Em segundo lugar, é a facilidade com que as linhas podem se desfocar. É verdade que a maioria dos indivíduos com doença mental grave não é perigosa. Na verdade, esses indivíduos são mais propensos a serem vítimas de um ato violento do que um perpetrador. Ainda assim, cuidar dos doentes mentais, por sua natureza, requer compaixão por uma clientela cujas patologias podem torná-las desconfiadas, beligerantes e até mesmo hostis. A paciência é uma necessidade quando se trata de sua ambivalência ou rejeição total do tratamento. Tenacidade para pendurar lá também é necessária, mesmo quando os limites são testados por palavras irritadas.
Os terapeutas bem-sucedidos assumem um compromisso empático de ser um companheiro fiel em um longo caminho para a recuperação que pode ser acidentada. Para os profissionais que investem no cuidado de seus pacientes, pode ser um desafio identificar quando uma situação progrediu além do business as usual para o reino da ameaça.
Terceiro, os cálculos de risco sobre o nível de periculosidade de um paciente são complicados. Não há algoritmos puros ou respostas absolutas. Não há exames de sangue ou exames cerebrais que possam identificar uma estatística definitiva. Determinar o risco é tanto a arte clínica quanto a ciência.
Finalmente, há problemas sistêmicos mais amplos em jogo. Falta persistente de financiamento para serviços de saúde mental, a perda de recursos inestimáveis, como leitos psiquiátricos de pacientes internados e profissionais de saúde mental cada vez mais exigidos para fazer mais com menos, são todos fatores que representam ameaças adicionais à segurança de um ambiente de trabalho.

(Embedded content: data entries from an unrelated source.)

-- ===== src/MeshControl/Acks.antt =====
-- What `on_ack` of lib/mb-mesh-control/src/lib.rs settles, and the account of the bytes in flight.
use meshbus_rs.Prelude.{ℕ, ◌+◌, ◌-◌, ◌≤◌, nat_eq, filter}
use meshbus_rs.Prelude.{Bool, true, false, not, List, [], ◌∷◌, ◌++◌, some}
use meshbus_rs.Prelude.{lookup, remove, keys, if◌then◌else◌, IsMap, contains_key, Bool-cases}
use meshbus_rs.Prelude.{◌≡◌, refl, ap, sym, arith, ◌∙◌, inl, inr}
use meshbus_rs.MeshProto.Types.{SeqRange, AckNack}
use meshbus_rs.MeshControl.{
  InflightPackage, AckUpdate, MeshPathController, missing, settle, settle_all, lose, acknowledge,
  on_ack,
}

-- The map without a key that it does not have.
remove_absent : (k : ℕ) (m : List (ℕ × InflightPackage)) → contains_key k m ≡ false → remove k m ≡ m
remove_absent k [] h = refl
remove_absent k ((j, p) ∷ m) h = ground (arith, remove_absent k m)

append_assoc {ℓ} : {A : Type ℓ} (xs ys zs : List A) → (xs ++ ys) ++ zs ≡ xs ++ (ys ++ zs)
append_assoc [] ys zs = refl
append_assoc (x ∷ xs) ys zs = ap (λ t. x ∷ t) (append_assoc xs ys zs)

append_nil {ℓ} : {A : Type ℓ} (xs : List A) → xs ++ [] ≡ xs
append_nil [] = refl
append_nil (x ∷ xs) = ap (λ t. x ∷ t) (append_nil xs)

-- What a package adds to the bytes in flight.
abbrev pub counted : InflightPackage → ℕ
counted p = if p.ack_eliciting then p.size else 0

unfoldable pub eliciting_bytes : List (ℕ × InflightPackage) → ℕ
eliciting_bytes [] = 0
eliciting_bytes ((k, p) ∷ m) = counted p + eliciting_bytes m

-- What the loop of `on_ack` leaves, told from the packages in flight.
record Settled (ranges : List SeqRange) (m : List (ℕ × InflightPackage)) (c : MeshPathController)
    (u : AckUpdate) (c' : MeshPathController) (u' : AckUpdate) : Type 0 where
  empties : c'.inflight ≡ []
  acked : u'.acked_seqs ≡ u.acked_seqs ++ filter (λ k. not (missing ranges k)) (keys m)
  lost : u'.lost_seqs ≡ u.lost_seqs ++ filter (missing ranges) (keys m)
  freed : c'.bytes_in_flight ≤ c.bytes_in_flight - eliciting_bytes m

lookup_head :
    (k : ℕ) (p : InflightPackage) (m : List (ℕ × InflightPackage)) → lookup k ((k, p) ∷ m) ≡ some p
lookup_head k p m = ground arith

remove_head :
    (k : ℕ) (p : InflightPackage) (m : List (ℕ × InflightPackage))
    → contains_key k m ≡ false
    → remove k ((k, p) ∷ m) ≡ m
remove_head k p m h = ground (arith, remove_absent k m h)

chained :
    (f : ℕ → Bool) (k : ℕ) (ks x w : List ℕ) {y z : List ℕ}
    → z ≡ y ++ filter f ks
    → y ≡ x ++ w
    → w ++ filter f ks ≡ filter f (k ∷ ks)
    → z ≡ x ++ filter f (k ∷ ks)
chained f k ks x w e e' h =
    e ∙ ap (λ t. t ++ filter f ks) e' ∙ append_assoc x w (filter f ks) ∙ ap (λ t. x ++ t) h

-- The same of one turn of the loop, for the first package in flight.
record HeadSettled (ranges : List SeqRange) (k : ℕ) (p : InflightPackage)
    (m : List (ℕ × InflightPackage)) (c : MeshPathController) (u : AckUpdate)
    (c' : MeshPathController) (u' : AckUpdate) : Type 0 where
  shortens : c'.inflight ≡ m
  head_acked : u'.acked_seqs ≡ u.acked_seqs ++ (if missing ranges k then [] else k ∷ [])
  head_lost : u'.lost_seqs ≡ u.lost_seqs ++ (if missing ranges k then k ∷ [] else [])
  head_freed : c'.bytes_in_flight ≤ c.bytes_in_flight - counted p

module _ (ranges : List SeqRange) (d now : ℕ) where
  lose-HeadSettled :
      (k : ℕ) (p : InflightPackage) (m : List (ℕ × InflightPackage)) (c : MeshPathController)
      (u : AckUpdate)
      → missing ranges k ≡ true
      → remove k c.inflight ≡ m
      → HeadSettled ranges k p m c u (lose c u k (some p)).0 (lose c u k (some p)).1
  unfolding lose
  lose-HeadSettled k p m c u lost e = record {
    shortens = e;
    head_acked = rw lost (sym (append_nil u.acked_seqs));
    head_lost = rw lost refl;
    head_freed = ground arith;
  }

  acknowledge-HeadSettled :
      (k : ℕ) (p : InflightPackage) (m : List (ℕ × InflightPackage)) (c : MeshPathController)
      (u : AckUpdate)
      → missing ranges k ≡ false
      → remove k c.inflight ≡ m
      → HeadSettled ranges k p m c u
          (acknowledge c u d now k (some p)).0
          (acknowledge c u d now k (some p)).1
  unfolding acknowledge
  acknowledge-HeadSettled k p m c u kept e = record {
    shortens = ground (arith, e);
    head_acked = rw kept refl;
    head_lost = rw kept (sym (append_nil u.lost_seqs));
    head_freed = ground arith;
  }

  settle-HeadSettled :
      (k : ℕ) (p : InflightPackage) (m : List (ℕ × InflightPackage)) (c : MeshPathController)
      (u : AckUpdate)
      → c.inflight ≡ (k, p) ∷ m
      → contains_key k m ≡ false
      → HeadSettled ranges k p m c u
          (settle ranges d now k (c, u)).0
          (settle ranges d now k (c, u)).1
  unfolding settle
  settle-HeadSettled k p m c u e h =
      let found : lookup k c.inflight ≡ some p = ap (λ t. lookup k t) e ∙ lookup_head k p m in
      let rest : remove k c.inflight ≡ m = ap (λ t. remove k t) e ∙ remove_head k p m h in
      elim (Bool-cases (missing ranges k)) [
        | inl lost ↦ rw (lost, found) (lose-HeadSettled k p m c u lost rest)
        | inr kept ↦ rw (kept, found) (acknowledge-HeadSettled k p m c u kept rest)
      ]

  prepend-Settled :
      (k : ℕ) (p : InflightPackage) (m : List (ℕ × InflightPackage)) (c c' c'' : MeshPathController)
      (u u' u'' : AckUpdate)
      → HeadSettled ranges k p m c u c' u'
      → Settled ranges m c' u' c'' u''
      → Settled ranges ((k, p) ∷ m) c u c'' u''
  unfolding eliciting_bytes
  prepend-Settled k p m c c' c'' u u' u'' h t = record {
    empties = t.empties;
    acked =
        chained (λ j. not (missing ranges j)) k (keys m) u.acked_seqs _ t.acked h.head_acked
          (ground arith);
    lost = chained (missing ranges) k (keys m) u.lost_seqs _ t.lost h.head_lost (ground arith);
    freed = omega (arith, t.freed, h.head_freed);
  }

  settle_all-Settled :
      (m : List (ℕ × InflightPackage)) (c : MeshPathController) (u : AckUpdate)
      → c.inflight ≡ m
      → IsMap m
      → Settled ranges m c u
          (settle_all ranges d now (keys m) (c, u)).0
          (settle_all ranges d now (keys m) (c, u)).1
  unfolding settle_all eliciting_bytes
  settle_all-Settled [] c u e h = record {
    empties = e;
    acked = sym (append_nil u.acked_seqs);
    lost = sym (append_nil u.lost_seqs);
    freed = omega arith;
  }
  settle_all-Settled ((k, p) ∷ m) c u e (h, hs) =
      let first = settle-HeadSettled k p m c u e h in
      let s = settle ranges d now k (c, u) in
      prepend-Settled k p m c s.0 (settle_all ranges d now (keys m) s).0 u s.1
        (settle_all ranges d now (keys m) s).1 first
        (settle_all-Settled m s.0 s.1 first.shortens hs)

-- If no number is in flight twice, `on_ack` settles every package in flight: those that a missing
-- range names are reported lost, and all others acknowledged, in the order of the map.
pub on_ack_settles :
    (c : MeshPathController) (ack : AckNack) (d now : ℕ)
    → IsMap c.inflight
    → ((on_ack c ack d now).0.inflight ≡ [])
      × ((on_ack c ack d now).1.acked_seqs
          ≡ filter (λ k. not (missing ack.missing_ranges k)) (keys c.inflight))
      × ((on_ack c ack d now).1.lost_seqs ≡ filter (missing ack.missing_ranges) (keys c.inflight))
unfolding on_ack
on_ack_settles c ack d now h =
    let s =
      settle_all-Settled ack.missing_ranges d now c.inflight c
        (record { acked_seqs = []; lost_seqs = [] }) refl h in
    (ground (arith, s.empties), s.acked, s.lost)

pub on_ack-bytes_in_flight :
    (c : MeshPathController) (ack : AckNack) (d now : ℕ)
    → IsMap c.inflight
    → (on_ack c ack d now).0.bytes_in_flight ≤ c.bytes_in_flight - eliciting_bytes c.inflight
unfolding on_ack
on_ack-bytes_in_flight c ack d now h =
    let s =
      settle_all-Settled ack.missing_ranges d now c.inflight c
        (record { acked_seqs = []; lost_seqs = [] }) refl h in
    ground (arith, s.freed)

Além de ser competente em como diagnosticar e tratar doenças mentais, o profissional de saúde mental de hoje precisa ter as habilidades de resistência e comunicação para advogar continuamente por um ambiente de trabalho seguro. Isso é especialmente necessário quando eles cuidam de pacientes em organizações volumosas, onde é fácil abafar a voz dos clínicos da linha de frente.
Vinte anos atrás, eu era um estudante de medicina que era atraído para se tornar um psiquiatra, mas adiado pela aura perigosa que girava em torno dessa especialidade médica única. Tive a sorte de receber a sabedoria coletiva de mentores que não se afastaram dessa difícil conversa. Eles também me lembraram do que eu tinha a perder indo embora.
As feridas da doença mental se manifestam nos comportamentos de uma pessoa que, para o olho destreinado, podem ser dissonantes, bizarros e inexplicáveis. No entanto, nós, profissionais de saúde mental, somos motivados pelo desafio de encontrar chaves para desvendar os mistérios da mente e a recompensa inerente em ajudar os pacientes a se curarem. A doença mental geralmente atinge o coração da vida, interferindo na capacidade de amar, criar e trabalhar. Ao aliviar o sofrimento dos doentes mentais, também curamos as famílias e as comunidades. A doença mental é tão estigmatizada que os sofredores enfrentam barreiras sem fim quando tentam obter ajuda. Aqueles de quem gostamos também são frequentemente marginalizados e incompreendidos pela sociedade. Defender esta população vulnerável é uma maneira digna de passar uma carreira.
Hoje, existem milhares de jovens talentosos que estão considerando uma carreira em saúde mental. A tragédia em Yountville pode dar-lhes razão para considerar outro caminho. Embora as conversas sobre os perigos de ser um profissional de saúde mental sejam difíceis, precisamos tê-las.
Todos nós temos muito a perder se não temos.